### Input records
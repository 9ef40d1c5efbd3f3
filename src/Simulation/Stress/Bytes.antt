-- ===== src/Simulation/Stress/Bytes.antt =====
-- Calls of the ring for one byte.
use n_igpu_macos.Common.{
  ℕ, ◌+◌, ◌<◌, ◌≡◌, ◌⊎◌, ◌∙◌, refl, ap, ap₂, inl, inr, Bool, true, false, some, List, [], ◌∷◌, ◌++◌,
  if◌then◌else◌, leb, min, length, take, drop, Bool-cases, done, arith,
}
use n_igpu_macos.Queue
use n_igpu_macos.Queue.{put}
use n_igpu_macos.SharedRing.{try_write, try_read}
use n_igpu_macos.SharedRing.View.{OpenRing, context, IsValid, contents}
use n_igpu_macos.SharedRing.Session.{try_write_answers}
use n_igpu_macos.SharedRing.Read.{try_read_gives, try_read_refuses}

pub writes_byte :
    {s : OpenRing} (x : ℕ)
    → IsValid s
    → (s' : OpenRing) × (wrote : Bool) × (try_write (some (context s)) (some (x ∷ [])) 1
        ≡ done (some (context s'), wrote))
      × IsValid s'
      × (s'.capacity ≡ s.capacity)
      × (contents s' ≡ (if wrote then contents s ++ (x ∷ []) else contents s))
unfolding Queue.answer
writes_byte {s} x v =
    let (s', eq, valid, same, holds) = try_write_answers (x ∷ []) 1 v (omega arith) in
    elim (Bool-cases (leb s.capacity (length (contents s) + 1))) [
      | inl full ↦ (s', false, rw full at eq, valid, same, rw full at holds)
      | inr room ↦ (s', true, rw room at eq, valid, same, rw room at holds)
    ]

list_cases : (xs : List ℕ) → (xs ≡ []) ⊎ ((x : ℕ) × (rest : List ℕ) × (xs ≡ x ∷ rest))
list_cases [] = inl refl
list_cases (x ∷ rest) = inr (x, rest, refl)

one_byte : (out : List ℕ) (x : ℕ) → take 1 out ≡ x ∷ [] → drop 1 out ≡ [] → out ≡ x ∷ []
one_byte [] x front back = front
one_byte (y ∷ ys) x front back = ap (λ t. y ∷ t) back ∙ front

first_byte :
    (x : ℕ) (rest out q : List ℕ) (n : ℕ)
    → q ≡ x ∷ rest
    → n ≡ 1
    → take n out ≡ take n q
    → drop n out ≡ drop n (0 ∷ [])
    → (out ≡ x ∷ []) × (drop n q ≡ rest)
first_byte x rest out q n held one front back =
    (one_byte out x (rw (one, held) at front) (rw one at back), rw (one, held) refl)

-- What a read of one byte finds.
pub data ReadsByte (s : OpenRing) : Type 0 where
  idle :
      contents s ≡ []
      → try_read (some (context s)) (some (0 ∷ [])) 1 (some 0)
        ≡ done (record {
          ctx = some (context s);
          out_data = some (0 ∷ []);
          bytes_read = some 0;
          read = false;
        })
      → ReadsByte s
  gives :
      (x : ℕ) (rest : List ℕ) (s' : OpenRing)
      → contents s ≡ x ∷ rest
      → try_read (some (context s)) (some (0 ∷ [])) 1 (some 0)
        ≡ done (record {
          ctx = some (context s');
          out_data = some (x ∷ []);
          bytes_read = some 1;
          read = true;
        })
      → IsValid s'
      → s'.capacity ≡ s.capacity
      → contents s' ≡ rest
      → ReadsByte s

pub reads_byte : {s : OpenRing} → IsValid s → ReadsByte s
reads_byte {s} v = elim (list_cases (contents s)) [
  | inl none_held ↦ idle none_held (try_read_refuses (0 ∷ []) 1 0 v (inr none_held))
  | inr (x, rest, held) ↦
      let busy : 0 < length (contents s) = omega (arith, ap length held) in
      let (s', out, eq, front, back, valid, same, left) =
        try_read_gives (0 ∷ []) 1 0 v (omega arith) (omega arith) busy in
      let one : min (length (contents s)) 1 ≡ 1 = omega arith in
      let (is_x, is_rest) = first_byte x rest out (contents s) _ held one front back in
      let returned = λ (bytes : List ℕ) (n : ℕ). done (record {
        ctx = some (context s');
        out_data = some bytes;
        bytes_read = some n;
        read = true;
      }) in
      gives x rest s' held (eq ∙ ap₂ returned is_x one) valid same (left ∙ is_rest)
]
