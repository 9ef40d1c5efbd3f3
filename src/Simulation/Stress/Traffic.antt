-- ===== src/Simulation/Stress/Traffic.antt =====
-- The bytes that pass through the ring while the threads run: what each call hands over, in the order
-- of the calls.
use n_igpu_macos.Common.{
  ℕ, zero, suc, ◌%◌, true, false, Option, none, some, List, [], ◌∷◌, ◌++◌, if◌then◌else◌, leb, Exec,
  done, ◌>>=◌,
}
use n_igpu_macos.SharedRing.{RingContext, try_write, try_read}
use n_igpu_macos.Simulation.Stress.{Worker, step_at}

-- Handover that were written, and bytes that were read.
pub record Handover : Type 0 where
  pub sent : List ℕ
  pub got : List ℕ

abbrev pub no_bytes : Handover
no_bytes = record { sent = []; got = [] }

abbrev pub followed_by : Handover → Handover → Handover
followed_by a b = record { sent = a.sent ++ b.sent; got = a.got ++ b.got }

-- What the next call of a thread hands over.
unfoldable pub worker_bytes : Worker → Option RingContext → Exec Handover
worker_bytes w ring = if leb w.arg.iterations w.i then done no_bytes else elim w.has_written [
  | false ↦ do
    (_, wrote) ← try_write ring (some (w.arg.thread_id % 256 ∷ [])) 1
    done (if wrote then record { sent = w.arg.thread_id % 256 ∷ []; got = [] } else no_bytes)
  | true ↦ do
    outcome ← try_read ring (some (0 ∷ [])) 1 (some 0)
    elim outcome.out_data [
      | none ↦ done no_bytes
      | some bytes ↦ done (if outcome.read then record { sent = []; got = bytes } else no_bytes)
    ]
]

unfoldable pub bytes_at : (k : ℕ) → List Worker → Option RingContext → Exec Handover
unfolding worker_bytes
bytes_at k [] ring = done no_bytes
bytes_at zero (w ∷ ws) ring = worker_bytes w ring
bytes_at (suc k) (w ∷ ws) ring = bytes_at k ws ring

unfoldable pub traffic : (schedule : List ℕ) → List Worker → Option RingContext → Exec Handover
unfolding bytes_at
traffic [] ws ring = done no_bytes
traffic (k ∷ ks) ws ring = do
  first ← bytes_at k ws ring
  (ws', ring') ← step_at k ws ring
  rest ← traffic ks ws' ring'
  done (followed_by first rest)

### What you will do
Please give again the lines above between the line holding "-- of the calls." and the line holding "-- Handover that", inclusive, exactly as they are and with nothing added.

### The answer
-- of the calls.
use n_igpu_macos.Common.{
  ℕ, zero, suc, ◌%◌, true, false, Option, none, some, List, [], ◌∷◌, ◌++◌, if◌then◌else◌, leb, Exec,
  done, ◌>>=◌,
}
use n_igpu_macos.SharedRing.{RingContext, try_write, try_read}
use n_igpu_macos.Simulation.Stress.{Worker, step_at}

-- Handover that were written, and bytes that were read.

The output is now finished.